In the conventional hydraulic drive system and hose rupture control valve unit shown in Figs. 8 and 9, various components, i.e., the check valve 212 for fluid supply, the main spool 211, the poppet valve body 214 controlled by the pilot portion 213 provided in the circumference of the main spool 211, and the overload relief valve 215, are separately provided corresponding to the respective functions. Therefore, incorporating all those components in the housing 204 of a restricted certain size imposes a limitation in sizes of the individual components. Also, there has been a difficulty in reducing the production cost.
On the other hand, since all of the hydraulic fluid discharged from the hydraulic cylinder 502 passes through the main spool 211, a spool valve body of the main spool 211 is required to have a larger diameter. Further, because of the main spool 211 and the poppet valve body 214 being provided in series, the hydraulic fluid passes through these two valve elements at a large flow rate. However, when the main spool 211 and the poppet valve body 214 are incorporated besides the other components in the housing 204 of the restricted certain size, their sizes are necessarily limited. This may result in that a sufficient flow passage is not ensured and a pressure loss is increased. In addition, a pressure loss is also inevitable with such a construction that the hydraulic fluid passes at a large flow rate through the main spool 211 and the poppet valve body 214 provided in series.

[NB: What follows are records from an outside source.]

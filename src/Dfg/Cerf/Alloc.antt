-- ===== src/Dfg/Cerf/Alloc.antt =====
-- Which groups `bingo_define_conditional_region` hands out, and when it runs out of them.
use he_mai_a.Prelude.{
  ℕ, suc, zero, ◌+◌, ◌≤◌, ◌<◌, ◌≡◌, refl, sym, ap, ◌∙◌, Bool, true, false, ◌||◌, List, [], ◌∷◌,
  ◌++◌, leb, ltb, ◌==◌, ok, err, Error, arith, length, Bool-cases, inl, inr, ==_refl, subst,
}
use he_mai_a.Prelude.Members.{contains, IsDistinct, contains-append}
use he_mai_a.Graph.{distinct, contains-distinct}
use he_mai_a.Schedule.Sorting.{contains-sort_by}
use he_mai_a.Dfg.{Dfg}
use he_mai_a.Dfg.Cerf.{
  alloc_cerf_group, guard, guard_each, write_groups, set_gating, bingo_define_conditional_region,
}

-- `count` numbers from `first` on.
abbrev pub ascending : ℕ → ℕ → List ℕ
ascending first zero = []
ascending first (suc count) = first ∷ ascending (first + 1) count

contains-ascending :
    (first count a : ℕ) → first ≤ a → a < first + count → contains (ascending first count) a ≡ true
contains-ascending first zero a h k = absurd (omega arith)
contains-ascending first (suc count) a h k = elim (Bool-cases (first == a)) [
  | inl e ↦ ground arith
  | inr e ↦ ground (arith, contains-ascending (first + 1) count a (ground arith) (omega arith))
]

on_all :
    (P : ℕ → Type 0) (x : ℕ) (rs : List ℕ)
    → P x
    → ((r : ℕ) → contains rs r ≡ true → P r)
    → (r : ℕ) → contains (x ∷ rs) r ≡ true
    → P r
on_all P x rs here there r m = elim (Bool-cases (x == r)) [
  | inl e ↦ let same : x ≡ r = ground arith in subst P same here
  | inr e ↦ there r (ground arith)
]

module _ {G : Type 0} where
  -- What guarding the nodes `rs`, one group for each, has done.
  record Guarded (s t : Dfg G) (invert : Bool) (rs : List ℕ) : Type 0 where
    pub next : t.next_cerf_group ≡ s.next_cerf_group + length rs
    pub enabled : (r : ℕ) → contains rs r ≡ true → (t.heap r).cond_exec_en ≡ true
    pub inverted : (r : ℕ) → contains rs r ≡ true → (t.heap r).cond_exec_invert ≡ invert
    pub low : (r : ℕ) → contains rs r ≡ true → s.next_cerf_group ≤ (t.heap r).cond_exec_group_id
    pub high : (r : ℕ) → contains rs r ≡ true → (t.heap r).cond_exec_group_id < t.next_cerf_group
    pub apart :
        (a b : ℕ)
        → contains rs a ≡ true
        → contains rs b ≡ true
        → (t.heap a).cond_exec_group_id ≡ (t.heap b).cond_exec_group_id
        → (a == b) ≡ true
    pub others : (r : ℕ) → contains rs r ≡ false → t.heap r ≡ s.heap r
    pub groups : (r : ℕ) → (t.heap r).cerf_write_groups ≡ (s.heap r).cerf_write_groups

  alloc_ok :
      (s : Dfg G)
      → s.next_cerf_group < 32
      → alloc_cerf_group s
        ≡ ok (s.next_cerf_group, record s { next_cerf_group = s.next_cerf_group + 1 })
  unfolding alloc_cerf_group
  alloc_ok s h = let fits : leb 32 s.next_cerf_group ≡ false = ground arith in rw fits refl

  alloc_err : (s : Dfg G) → 32 ≤ s.next_cerf_group → alloc_cerf_group s ≡ err Error.cerf_overflow
  unfolding alloc_cerf_group
  alloc_err s h = let full : leb 32 s.next_cerf_group ≡ true = ground arith in rw full refl

  -- The state behind the first node of the loop.
  abbrev first : Bool → ℕ → Dfg G → Dfg G
  first invert x s =
      guard x s.next_cerf_group invert (record s { next_cerf_group = s.next_cerf_group + 1 })

  Guarded-step :
      (s u : Dfg G) (invert : Bool) (x : ℕ) (rs : List ℕ)
      → contains rs x ≡ false
      → Guarded (first invert x s) u invert rs
      → Guarded s u invert (x ∷ rs)
  Guarded-step s u invert x rs out k =
      let gid = s.next_cerf_group in
      let t = first invert x s in
      let at_x : u.heap x ≡ t.heap x = k.others x out in
      let own : (u.heap x).cond_exec_group_id ≡ gid =
        ap (λ n. n.cond_exec_group_id) at_x ∙ rw (==_refl x) refl in
      record {
        next = omega (arith, k.next);
        enabled =
            on_all (λ r. (u.heap r).cond_exec_en ≡ true) x rs
              (ap (λ n. n.cond_exec_en) at_x ∙ rw (==_refl x) refl) k.enabled;
        inverted =
            on_all (λ r. (u.heap r).cond_exec_invert ≡ invert) x rs
              (ap (λ n. n.cond_exec_invert) at_x ∙ rw (==_refl x) refl) k.inverted;
        low =
            on_all (λ r. gid ≤ (u.heap r).cond_exec_group_id) x rs (omega (arith, own))
              (λ r m. omega (arith, k.low r m));
        high =
            on_all (λ r. (u.heap r).cond_exec_group_id < u.next_cerf_group) x rs
              (omega (arith, own, k.next)) k.high;
        apart = λ a b m n.
            on_all
              (λ r. (u.heap r).cond_exec_group_id ≡ (u.heap b).cond_exec_group_id → (r == b) ≡ true)
              x rs
              (on_all
                (λ r.
                  (u.heap x).cond_exec_group_id ≡ (u.heap r).cond_exec_group_id → (x == r) ≡ true)
                x rs (λ e. ==_refl x) (λ r mr e. absurd (omega (arith, own, k.low r mr))) b n)
              (λ r mr.
                on_all
                  (λ q.
                    (u.heap r).cond_exec_group_id ≡ (u.heap q).cond_exec_group_id → (r == q) ≡ true)
                  x rs (λ e. absurd (omega (arith, own, k.low r mr))) (λ q mq. k.apart r q mr mq) b
                  n)
              a m;
        others = λ r m.
            let other : (x == r) ≡ false = ground arith in
            k.others r (ground arith) ∙ rw other refl;
        groups = λ r. k.groups r ∙ same_groups r;
      }
    where
      same_groups :
          (r : ℕ) → ((first invert x s).heap r).cerf_write_groups ≡ (s.heap r).cerf_write_groups
      same_groups r = elim (Bool-cases (x == r)) [
        | inl e ↦
            let same : x ≡ r = ground arith in
            subst
              (λ q. ((first invert x s).heap q).cerf_write_groups ≡ (s.heap q).cerf_write_groups)
              same (rw (==_refl x) refl)
        | inr e ↦ rw e refl
      ]

  guard_each_ok :
      (invert : Bool) (rs : List ℕ) (s : Dfg G)
      → IsDistinct rs
      → s.next_cerf_group + length rs ≤ 32
      → (t : Dfg G) × (guard_each invert rs s ≡ ok (ascending s.next_cerf_group (length rs), t))
        × Guarded s t invert rs
  unfolding guard_each
  guard_each_ok invert [] s d h = (
    s,
    refl,
    record {
      next = omega arith;
      enabled = λ r m. absurd (ground arith);
      inverted = λ r m. absurd (ground arith);
      low = λ r m. absurd (ground arith);
      high = λ r m. absurd (ground arith);
      apart = λ a b m n e. absurd (ground arith);
      others = λ r m. refl;
      groups = λ r. refl;
    },
  )
  guard_each_ok invert (x ∷ rs) s d h =
      let gid = s.next_cerf_group in
      let t = guard x gid invert (record s { next_cerf_group = gid + 1 }) in
      let (u, eq, k) = guard_each_ok invert rs t d.1 (omega arith) in
      (u, rw (alloc_ok s (omega arith)) (rw eq refl), Guarded-step s u invert x rs d.0 k)

  guard_each_err :
      (invert : Bool) (rs : List ℕ) (s : Dfg G)
      → s.next_cerf_group ≤ 32
      → 32 < s.next_cerf_group + length rs
      → guard_each invert rs s ≡ err Error.cerf_overflow
  unfolding guard_each
  guard_each_err invert [] s low h = absurd (omega arith)
  guard_each_err invert (x ∷ rs) s low h = elim (Bool-cases (ltb s.next_cerf_group 32)) [
    | inl e ↦
        rw (alloc_ok s (ground arith))
          (rw (guard_each_err invert rs (first invert x s) (ground arith) (omega arith)) refl)
    | inr e ↦ rw (alloc_err s (ground arith)) refl
  ]

  -- Writing the groups of a gating node changes nothing else that the region is about.
  same_guard :
      (gate : ℕ) (gids : List ℕ) (u : Dfg G) (r : ℕ)
      → (((write_groups gate gids u).heap r).cond_exec_en ≡ (u.heap r).cond_exec_en)
        × (((write_groups gate gids u).heap r).cond_exec_invert ≡ (u.heap r).cond_exec_invert)
        × (((write_groups gate gids u).heap r).cond_exec_group_id ≡ (u.heap r).cond_exec_group_id)
  unfolding write_groups
  same_guard gate gids u r = elim (Bool-cases (gate == r)) [
    | inl e ↦
        let same : gate ≡ r = ground arith in
        subst
          (λ q.
            (((write_groups gate gids u).heap q).cond_exec_en ≡ (u.heap q).cond_exec_en)
            × (((write_groups gate gids u).heap q).cond_exec_invert ≡ (u.heap q).cond_exec_invert)
            × (((write_groups gate gids u).heap q).cond_exec_group_id
                ≡ (u.heap q).cond_exec_group_id))
          same (rw (==_refl gate) (refl, refl, refl))
    | inr e ↦ rw e (refl, refl, refl)
  ]

  contains-write_groups :
      (gate : ℕ) (gids : List ℕ) (u : Dfg G) (g : ℕ)
      → contains ((write_groups gate gids u).heap gate).cerf_write_groups g
        ≡ contains (u.heap gate).cerf_write_groups g || contains gids g
  unfolding write_groups
  contains-write_groups gate gids u g =
      let old = (u.heap gate).cerf_write_groups in
      rw (==_refl gate) (
        contains-sort_by (λ x. x) (distinct (old ++ gids)) g
        ∙ contains-distinct (old ++ gids) g
        ∙ contains-append old gids g)

  -- Where the groups of the register file suffice, a region of distinct nodes with a group for each
  -- node is defined: the groups returned are the next ones in turn, every guarded node is conditional
  -- with the polarity asked for, no two of them share a group, and the gating node writes the group of
  -- each.
  pub conditional_region-ok :
      (gate : ℕ) (guarded : List ℕ) (invert : Bool) (s : Dfg G)
      → IsDistinct guarded
      → s.next_cerf_group + length guarded ≤ 32
      → (t : Dfg G) × (bingo_define_conditional_region gate guarded true invert s
          ≡ ok (ascending s.next_cerf_group (length guarded), t))
        × ((r : ℕ)
            → contains guarded r ≡ true
            → ((t.heap r).cond_exec_en ≡ true)
              × ((t.heap r).cond_exec_invert ≡ invert)
              × (contains (t.heap gate).cerf_write_groups (t.heap r).cond_exec_group_id ≡ true)
              × ((q : ℕ)
                  → contains guarded q ≡ true
                  → (t.heap r).cond_exec_group_id ≡ (t.heap q).cond_exec_group_id
                  → r ≡ q))
  unfolding bingo_define_conditional_region set_gating
  conditional_region-ok gate guarded invert s d h =
      let (u, eq, k) = guard_each_ok invert guarded (set_gating gate s) d h in
      let gids = ascending s.next_cerf_group (length guarded) in
      let same = same_guard gate gids u in
      (
        write_groups gate gids u,
        rw eq refl,
        λ r m. (
          (same r).0 ∙ k.enabled r m,
          (same r).1 ∙ k.inverted r m,
          (let given : contains gids (u.heap r).cond_exec_group_id ≡ true =
                contains-ascending s.next_cerf_group (length guarded) _ (k.low r m)
                  (omega (arith, k.high r m, k.next)) in
              rw (same r).2
                (ground (arith, contains-write_groups gate gids u (u.heap r).cond_exec_group_id))),
          λ q n e.
              let e' : (u.heap r).cond_exec_group_id ≡ (u.heap q).cond_exec_group_id =
                sym (same r).2 ∙ e ∙ (same q).2 in
              ground (arith, k.apart r q m n e'),
        ),
      )

  -- A region with a group for each node is refused exactly by the overflow error where the groups of the
  -- register file do not suffice.
  pub conditional_region-overflow :
      (gate : ℕ) (guarded : List ℕ) (invert : Bool) (s : Dfg G)
      → s.next_cerf_group ≤ 32
      → 32 < s.next_cerf_group + length guarded
      → bingo_define_conditional_region gate guarded true invert s ≡ err Error.cerf_overflow
  unfolding bingo_define_conditional_region set_gating
  conditional_region-overflow gate guarded invert s low h =
      rw (guard_each_err invert guarded (set_gating gate s) low h) refl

The hose rupture control valve unit is mounted to the bottom side of a boom cylinder or the rod side of an arm cylinder. A boom and an arm, to which the boom cylinder and the arm cylinder are attached, are each a working member operated to be able to rotate in the vertical direction. If the size of the housing 204 is selected to a relatively large value in consideration of the problem of a pressure loss, a risk would be increased that the hose rupture control valve unit is damaged upon hitting against rocks, etc. during the operation of the boom or the arm. It has been thus difficult to design the hose rupture control valve unit in appropriate size.
Further, since all of the hydraulic fluid discharged from the hydraulic cylinder 502 passes through the overload relief valve 215 as well, the overload relief valve 215 is also required to have a rather large size. Correspondingly, the drain hose 205 leading to the reservoir port 203 is likewise required to have a rather large inner diameter. These requirements result in an increase of the production cost and a difficulty in routing the drain hose compactly.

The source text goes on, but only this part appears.